The SACP has long argued that pursuing socialism entails influencing the thinking, planning and operations of the ANC. Its decision to contest elections independently of the ANC seems an admission of defeat and an eschewal of a historical responsibility.

The South African Communist Party (SACP) has ultimately decided to operationalise its desire to contest elections as a separate entity.

“Ultimately”, because the party has been inching towards this decision for years now. The matter was broached in the 2000s, with a reluctant party leadership – under pressure from the membership – kicking the can shorter and shorter distances down the road.

At its 2007 congress, the SACP had resolved to contest elections “in the context of a reconfigured Alliance” and mandated the Central Committee (CC) to examine how this would be done. This decision was not seriously pursued, and the subsequent 2012 congress “was not satisfied that the mandate for the CC Commission had been adequately fulfilled.”
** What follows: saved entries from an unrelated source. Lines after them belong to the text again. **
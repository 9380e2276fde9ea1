-- ===== src/Limits/Bucket.antt =====
-- `TokenBucketLimiter.acquire` of src/rra/api/rate_limiter.py: what a refusal promises, and how many
-- requests a bucket lets through.
use native.Mathlib.Nat.{
  div-mul-le_self, lt-mul-div-succ, le-div_iff_mul-le, mul-le-mul_right, mul_assoc, mul_comm,
  add-mul,
}
use rra_module.Prelude.{
  ℕ, ◌+◌, ◌-◌, ◌*◌, ◌/◌, ◌≤◌, ◌<◌, min, ◌≡◌, refl, ap, true, false, ◌&&◌, inl, inr, Option, none,
  some, arith, Text, text_key, same_number, ltb, leb, if◌then◌else◌, Bool-cases,
}
use rra_module.Limits.Backend.{second, Backend, get_tokens, set_tokens}
use rra_module.Limits.Limiters.{Verdict, TokenBucketLimiter, tokens_to_add, current_tokens, acquire}

retry_enough :
    (elapsed later r s needed gained : ℕ)
    → gained * 60000000 ≤ elapsed * r
    → needed * 60 < r * s
    → (elapsed + s * 1000000) * r ≤ later * r
    → (gained + needed) * 60000000 ≤ later * r
retry_enough elapsed later r s needed gained come enough spread =
    let split : (elapsed + s * 1000000) * r ≡ elapsed * r + 1000000 * (r * s) =
      rw (add-mul elapsed (s * 1000000) r, mul_comm s 1000000, mul_assoc 1000000 s r, mul_comm s r)
        refl in
    omega arith

-- The tokens that come in before the retry that was named.
tokens_to_add-retry :
    (l : TokenBucketLimiter) (elapsed later needed : ℕ)
    → 0 < l.requests_per_minute
    → elapsed + ((needed * 60) / l.requests_per_minute + 1) * second ≤ later
    → tokens_to_add l elapsed + needed ≤ tokens_to_add l later
unfolding tokens_to_add second
tokens_to_add-retry l elapsed later needed positive h =
    let r = l.requests_per_minute in
    (le-div_iff_mul-le {k = 60000000} (omega arith)).1 (
      retry_enough elapsed later r ((needed * 60) / r + 1) needed (tokens_to_add l elapsed)
        (div-mul-le_self (elapsed * r) 60000000) (lt-mul-div-succ (needed * 60) positive)
        (mul-le-mul_right r h))

-- The tokens in the bucket, while the clock goes forward.
abbrev pub level : TokenBucketLimiter → ℕ → ℕ × ℕ → ℕ
level l now (tokens, last_update) =
    if ltb 0 last_update
    then min l.bucket_size (tokens + tokens_to_add l (now - last_update))
    else l.bucket_size

current_tokens-level :
    (l : TokenBucketLimiter) (now tokens last_update : ℕ)
    → last_update ≤ now
    → current_tokens l now (tokens, last_update) ≡ (level l now (tokens, last_update), 0)
unfolding current_tokens
current_tokens-level l now tokens last_update h = ground arith

-- An answer with the bucket behind it.
abbrev pub answer : TokenBucketLimiter → Text → ℕ → ℕ → Backend → ℕ × ℕ → Backend × Option Verdict
answer l key tokens now b (current, owed) =
    if same_number owed 0 && leb tokens current
    then (
      set_tokens key (current - tokens) now b,
      some (record { allowed = true; remaining = current - tokens; retry_after = 0 }),
    )
    else if same_number l.requests_per_minute 0
    then (b, none)
    else (
      b,
      some (record {
        allowed = false;
        remaining = 0;
        retry_after = ((tokens + owed - current) * 60) / l.requests_per_minute + 1;
      }),
    )

pub acquire-answer :
    (l : TokenBucketLimiter) (key : Text) (tokens now : ℕ) (b : Backend)
    → (get_tokens key b).1 ≤ now
    → acquire l key tokens now b ≡ answer l key tokens now b (level l now (get_tokens key b), 0)
unfolding acquire
acquire-answer l key tokens now b h =
    ap (answer l key tokens now b)
      (current_tokens-level l now (get_tokens key b).0 (get_tokens key b).1 h)

abbrev pub Passes : Option Verdict → Type 0
Passes none = ⊥
Passes (some v) = v.allowed ≡ true

level-retry :
    (l : TokenBucketLimiter) (now later tokens held last_update : ℕ)
    → last_update ≤ now
    → tokens ≤ l.bucket_size
    → 0 < l.requests_per_minute
    → now
        + (((tokens + 0 - level l now (held, last_update)) * 60) / l.requests_per_minute + 1)
          * second
      ≤ later
    → tokens ≤ level l later (held, last_update)
unfolding tokens_to_add
level-retry l now later tokens held last_update clock fits positive wait =
    elim (Bool-cases (ltb 0 last_update)) [
      | inr zero ↦ rw zero fits
      | inl moved ↦
          let full : level l now (held, last_update)
              ≡ min l.bucket_size (held + tokens_to_add l (now - last_update)) =
            rw moved refl in
          let come =
            tokens_to_add-retry l (now - last_update) (later - last_update)
              (tokens + 0 - level l now (held, last_update)) positive (omega arith) in
          rw moved (omega arith)
    ]

acquire-Passes :
    (l : TokenBucketLimiter) (key : Text) (tokens now : ℕ) (b : Backend)
    → (get_tokens key b).1 ≤ now
    → tokens ≤ level l now (get_tokens key b)
    → Passes (acquire l key tokens now b).1
acquire-Passes l key tokens now b clock enough =
    let e : leb tokens (level l now (get_tokens key b)) ≡ true = ground arith in
    rw (acquire-answer l key tokens now b clock, e) refl

-- A refusal changes nothing, and names the time that the missing tokens take.
answer-refused :
    (l : TokenBucketLimiter) (key : Text) (tokens now current : ℕ) (b : Backend) (v : Verdict)
    → (answer l key tokens now b (current, 0)).1 ≡ some v
    → v.allowed ≡ false
    → ((answer l key tokens now b (current, 0)).0 ≡ b)
      × (0 < l.requests_per_minute)
      × (v.retry_after ≡ ((tokens + 0 - current) * 60) / l.requests_per_minute + 1)
answer-refused l key tokens now current b v given refused = elim (Bool-cases (leb tokens current)) [
  | inl enough ↦ ground (arith, rw enough at given)
  | inr short ↦ elim (Bool-cases (same_number l.requests_per_minute 0)) [
    | inl never ↦ ground (arith, rw (short, never) at given)
    | inr slow ↦
        rw (short, slow) (refl, ground (arith, slow), ground (arith, rw (short, slow) at given))
  ]
]

-- A request for no more tokens than the bucket holds that was refused passes if it is made
-- again once the seconds named in the refusal are over, with no other request of the key
-- between; the clock has not been set back behind the last update.
pub acquire-retry :
    (l : TokenBucketLimiter) (key : Text) (tokens now later : ℕ) (b : Backend) (v : Verdict)
    → (get_tokens key b).1 ≤ now
    → tokens ≤ l.bucket_size
    → (acquire l key tokens now b).1 ≡ some v
    → v.allowed ≡ false
    → now + v.retry_after * second ≤ later
    → Passes (acquire l key tokens later (acquire l key tokens now b).0).1
acquire-retry l key tokens now later b v clock fits given refused wait =
    let e = acquire-answer l key tokens now b clock in
    let told =
      answer-refused l key tokens now (level l now (get_tokens key b)) b v (rw e at given)
        refused in
    rw (e, told.0)
      (acquire-Passes l key tokens later b (omega arith) (
        level-retry l now later tokens (get_tokens key b).0 (get_tokens key b).1 clock fits told.1
          (rw told.2 at wait)))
The matter was taken further in 2017 when the Congress resolved that the SACP “must actively contest elections”, within or outside “the umbrella of a re-configured Alliance”.

The snowball effect has brought us to where we are today, with the 2024 Special Congress agreeing with the SACP General Secretary that “…from now on we are contesting all elections starting with the [next] local government elections”. Reports suggest that most of the current leadership is fully aligned with this standpoint.

While discussions on this momentous decision are still to take place between the party, the ANC and Cosatu – and civic association Sanco – it does throw many fundamental questions into bold relief.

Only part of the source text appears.